In brief, Walrasianism, Keynesianism, MMT, Marxianism, Austrianism, Pluralism, Eclecticism is mere opinion and will find its final resting place at the Flat-Earth-Cemetery together with your silly anything-goes philosophy.

You say: “All of us have a world view”. What you call a “world view” is qualitatively not different from a bacillus fart. The representative orthodox and heterodox economist does NOT have a valid world view but is scientifically incompetent/corrupt. The proof is all over the econoblogosphere including MNE.#1, #2, #3

Egmont Kakarot-Handtke

#1 The scientific self-elimination of Heterodoxy
https://axecorg.blogspot.com/2016/06/the-scientific-self-elimination-of.html

#2 MMT, Bill Mitchell, and the lack of basic scientific integrity
https://axecorg.blogspot.com/2018/08/mmt-bill-mitchell-and-lack-of-basic.html

#3 You don’t see what you don’t see: censorship in the econoblogosphere
https://axecorg.blogspot.com/2018/08/you-dont-see-what-you-dont-see.html

Tom Hickey said...

Wow. And you found this out by stressing your two brain cells? Take notice that the difference between doxa = opinion and episteme = knowledge has been settled by the Greek philosophers more than 2000 years ago.

Right, and most people today are completely unaware of this. They have been captured by "science" that is really pseudoscience.

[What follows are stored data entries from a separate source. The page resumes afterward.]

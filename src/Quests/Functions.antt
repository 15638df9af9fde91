-- ===== src/Quests/Functions.antt =====
-- src/quest_functions.c: the functions that a quest calls by writing words into a register. The
-- words are the caller's stack: the function's number, the counts of arguments and results, the
-- arguments, the registers for the results.
use ship_server.Base.{
  ℕ, ◌+◌, ◌-◌, ◌%◌, Bool, false, not, ◌||◌, List, [], ◌∷◌, ◌++◌, Option, none, some, ltb, leb, ◌==◌,
  if◌then◌else◌, get_or, set, replicate, u8, u32, u32_max,
}

-- What the functions read of a client of the team: the coordinates are those truncated to words.
pub record Member : Type 0 where
  pub section : ℕ
  pub ch_class : ℕ
  pub level : ℕ
  pub cur_area : ℕ
  pub x : ℕ
  pub y : ℕ
  pub z : ℕ

pub record Team : Type 0 where
  pub clients : List (Option Member)
  pub num_clients : ℕ
  pub rand_seed : ℕ
  pub qpos_regs : List (List ℕ)
  pub qcount_reg : List ℕ

-- A register that is written at the client, and a request to the shipgate: whether it sets, the
-- flag, the value and the control bits.
pub data Effect : Type 0 where
  sync : ℕ → ℕ → Effect
  request : Bool → ℕ → ℕ → ℕ → Effect

-- The code, whether CLIENT_FLAG_QSTACK_LOCK was set, the team, and the effects in order.
pub record Called : Type 0 where
  pub code : ℕ
  pub locks : Bool
  pub team : Team
  pub effects : List Effect

-- QUEST_FUNC_RET_*
abbrev pub no_error : ℕ
no_error = 0

abbrev pub invalid_func : ℕ
invalid_func = 0x8000FFFE

abbrev pub bad_arg_count : ℕ
bad_arg_count = 0x8000FFFD

abbrev pub bad_ret_count : ℕ
bad_ret_count = 0x8000FFFC

abbrev pub invalid_arg : ℕ
invalid_arg = 0x8000FFFB

abbrev pub invalid_register : ℕ
invalid_register = 0x8000FFFA

abbrev pub shipgate_err : ℕ
shipgate_err = 0x8000FFF8

abbrev pub not_yet : ℕ
not_yet = 0xDEADBEEF

-- QFLAG_LONG_FLAG and QFLAG_DELETE_FLAG
abbrev pub long_flag : ℕ
long_flag = 0x80000000

abbrev pub delete_flag : ℕ
delete_flag = 0x40000000

-- `c->q_stack[i]`
abbrev pub arg : List ℕ → ℕ → ℕ
arg s i = get_or s i 0

abbrev pub fails : ℕ → Team → Called
fails code t = record { code = code; locks = false; team = t; effects = [] }

abbrev pub answers : Team → List Effect → Called
answers t effects = record { code = no_error; locks = false; team = t; effects = effects }

-- Registers from `reg` on, each of 8 bits.
pub sync_from : ℕ → List ℕ → List Effect
sync_from reg [] = []
sync_from reg (v ∷ vs) = sync (reg % u8) v ∷ sync_from (reg + 1) vs

-- The values for a client of the team, -1 for each if there is none.
pub values_of : ℕ → (Member → List ℕ) → Option Member → List ℕ
values_of k values none = replicate k u32_max
values_of k values (some m) = values m

-- The functions that tell of one client or of four share this: `keep` notes a register.
unfoldable pub per_client : ℕ → (Member → List ℕ) → (ℕ → ℕ → Team → Team) → Team → List ℕ → Called
per_client k values keep t s =
    let tell : ℕ → ℕ → List Effect =
      λ cl reg. sync_from reg (values_of k values (get_or t.clients cl none)) in
    if not (arg s 1 == 1)
    then fails bad_arg_count t
    else if arg s 3 == u32_max
    then (if not (arg s 2 == 4)
        then fails bad_ret_count t
        else if ltb 255 (arg s 4) || ltb 255 (arg s 5) || ltb 255 (arg s 6) || ltb 255 (arg s 7)
        then fails invalid_register t
        else answers (keep 3 (arg s 7) (keep 2 (arg s 6) (keep 1 (arg s 5) (keep 0 (arg s 4) t))))
            (tell 0 (arg s 4) ++ (tell 1 (arg s 5) ++ (tell 2 (arg s 6) ++ tell 3 (arg s 7)))))
    else if ltb (arg s 3) 4
    then (if not (arg s 2 == 1)
        then fails bad_ret_count t
        else if ltb 255 (arg s 4)
        then fails invalid_register t
        else answers (keep (arg s 3) (arg s 4) t) (tell (arg s 3) (arg s 4)))
    else fails invalid_arg t

abbrev forget : ℕ → ℕ → Team → Team
forget cl reg t = t

unfoldable pub get_section_id : Team → List ℕ → Called
get_section_id = per_client 1 (λ m. m.section ∷ []) forget

unfoldable pub get_char_class : Team → List ℕ → Called
get_char_class = per_client 1 (λ m. m.ch_class ∷ []) forget

-- ATTR: the entry of a class, -1 for a class that there is not.
abbrev attr : List ℕ → ℕ → ℕ
attr table ch_class = if ltb ch_class 12 then get_or table ch_class 0 else u32_max

abbrev genders : List ℕ
genders = 0 ∷ 1 ∷ 0 ∷ 0 ∷ 0 ∷ 1 ∷ 1 ∷ 0 ∷ 1 ∷ 1 ∷ 0 ∷ 1 ∷ []

abbrev races : List ℕ
races = 0 ∷ 1 ∷ 2 ∷ 0 ∷ 2 ∷ 2 ∷ 0 ∷ 1 ∷ 1 ∷ 2 ∷ 0 ∷ 0 ∷ []

abbrev jobs : List ℕ
jobs = 0 ∷ 0 ∷ 0 ∷ 1 ∷ 1 ∷ 1 ∷ 2 ∷ 2 ∷ 2 ∷ 0 ∷ 2 ∷ 1 ∷ []

unfoldable pub get_char_gender : Team → List ℕ → Called
get_char_gender = per_client 1 (λ m. attr genders m.ch_class ∷ []) forget

unfoldable pub get_char_race : Team → List ℕ → Called
get_char_race = per_client 1 (λ m. attr races m.ch_class ∷ []) forget

unfoldable pub get_char_job : Team → List ℕ → Called
get_char_job = per_client 1 (λ m. attr jobs m.ch_class ∷ []) forget

unfoldable pub get_client_floor : Team → List ℕ → Called
get_client_floor = per_client 1 (λ m. m.cur_area ∷ []) forget

unfoldable pub get_client_position : Team → List ℕ → Called
get_client_position = per_client 3 (λ m. m.x ∷ m.y ∷ m.z ∷ []) forget

unfoldable pub get_level : Team → List ℕ → Called
get_level = per_client 1 (λ m. (m.level + 1) % u32 ∷ []) forget

-- `l->qpos_regs[cl][c->client_id] = reg`, a byte.
pub subscribe : ℕ → ℕ → ℕ → Team → Team
subscribe me cl reg t = record t {
  qpos_regs = set t.qpos_regs cl (set (get_or t.qpos_regs cl []) me (reg % u8));
}

unfoldable pub get_pos_updates : ℕ → Team → List ℕ → Called
get_pos_updates me = per_client 4 (λ m. m.x ∷ m.y ∷ m.z ∷ m.cur_area ∷ []) (subscribe me)

-- The functions of one result share this.
unfoldable pub one_value : ℕ → Team → List ℕ → Called
one_value value t s =
    if not (arg s 1 == 0)
    then fails bad_arg_count t
    else if not (arg s 2 == 1)
    then fails bad_ret_count t
    else if ltb 255 (arg s 3)
    then fails invalid_register t
    else answers t (sync (arg s 3) value ∷ [])

unfoldable pub get_client_count_updates : ℕ → Team → List ℕ → Called
get_client_count_updates me t s =
    let noted = record t { qcount_reg = set t.qcount_reg me (arg s 3) } in
    if not (arg s 1 == 0)
    then fails bad_arg_count t
    else if not (arg s 2 == 1)
    then fails bad_ret_count t
    else if ltb 255 (arg s 3)
    then fails invalid_register t
    else answers noted (sync (arg s 3) t.num_clients ∷ [])

-- `rnd` is what the generator gives.
unfoldable pub get_random_integer : ℕ → Team → List ℕ → Called
get_random_integer rnd t s =
    let lo = arg s 3 in
    let hi = arg s 4 in
    if not (arg s 1 == 2)
    then fails bad_arg_count t
    else if not (arg s 2 == 1)
    then fails bad_ret_count t
    else if ltb 255 (arg s 5)
    then fails invalid_register t
    else if leb hi lo
    then fails invalid_arg t
    else answers t (sync (arg s 5) ((rnd % (hi - lo + 1) + lo) % u32) ∷ [])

I realized this in thinking about the history of science. Does anyone doubt that the science of 500 years from now will very different from science today or that people then will look back on our "knowledge" as quaint. They will get a big laugh over the idea of "the end of history," for example, just as we looking that the 19th c.pronouncement of some physicists just before QM and relativity came along that "everything had already been discovered."

AXEC / E.K-H said...

Tom Hickey

You say: “Right, and most people today are completely unaware of this. They have been captured by ‘science’ that is really pseudoscience.”

Worse, they have been captured by ‘philosophy’ that is really pseudophilosophy. After the sciences and mathematics have left philosophy behind it is only a shadow of its former self and practically indistinguishable from journalism/propaganda/agenda-pushing.

The anything-goes philosopher Tom Hickey is a sad example of the political sellout of philosophy.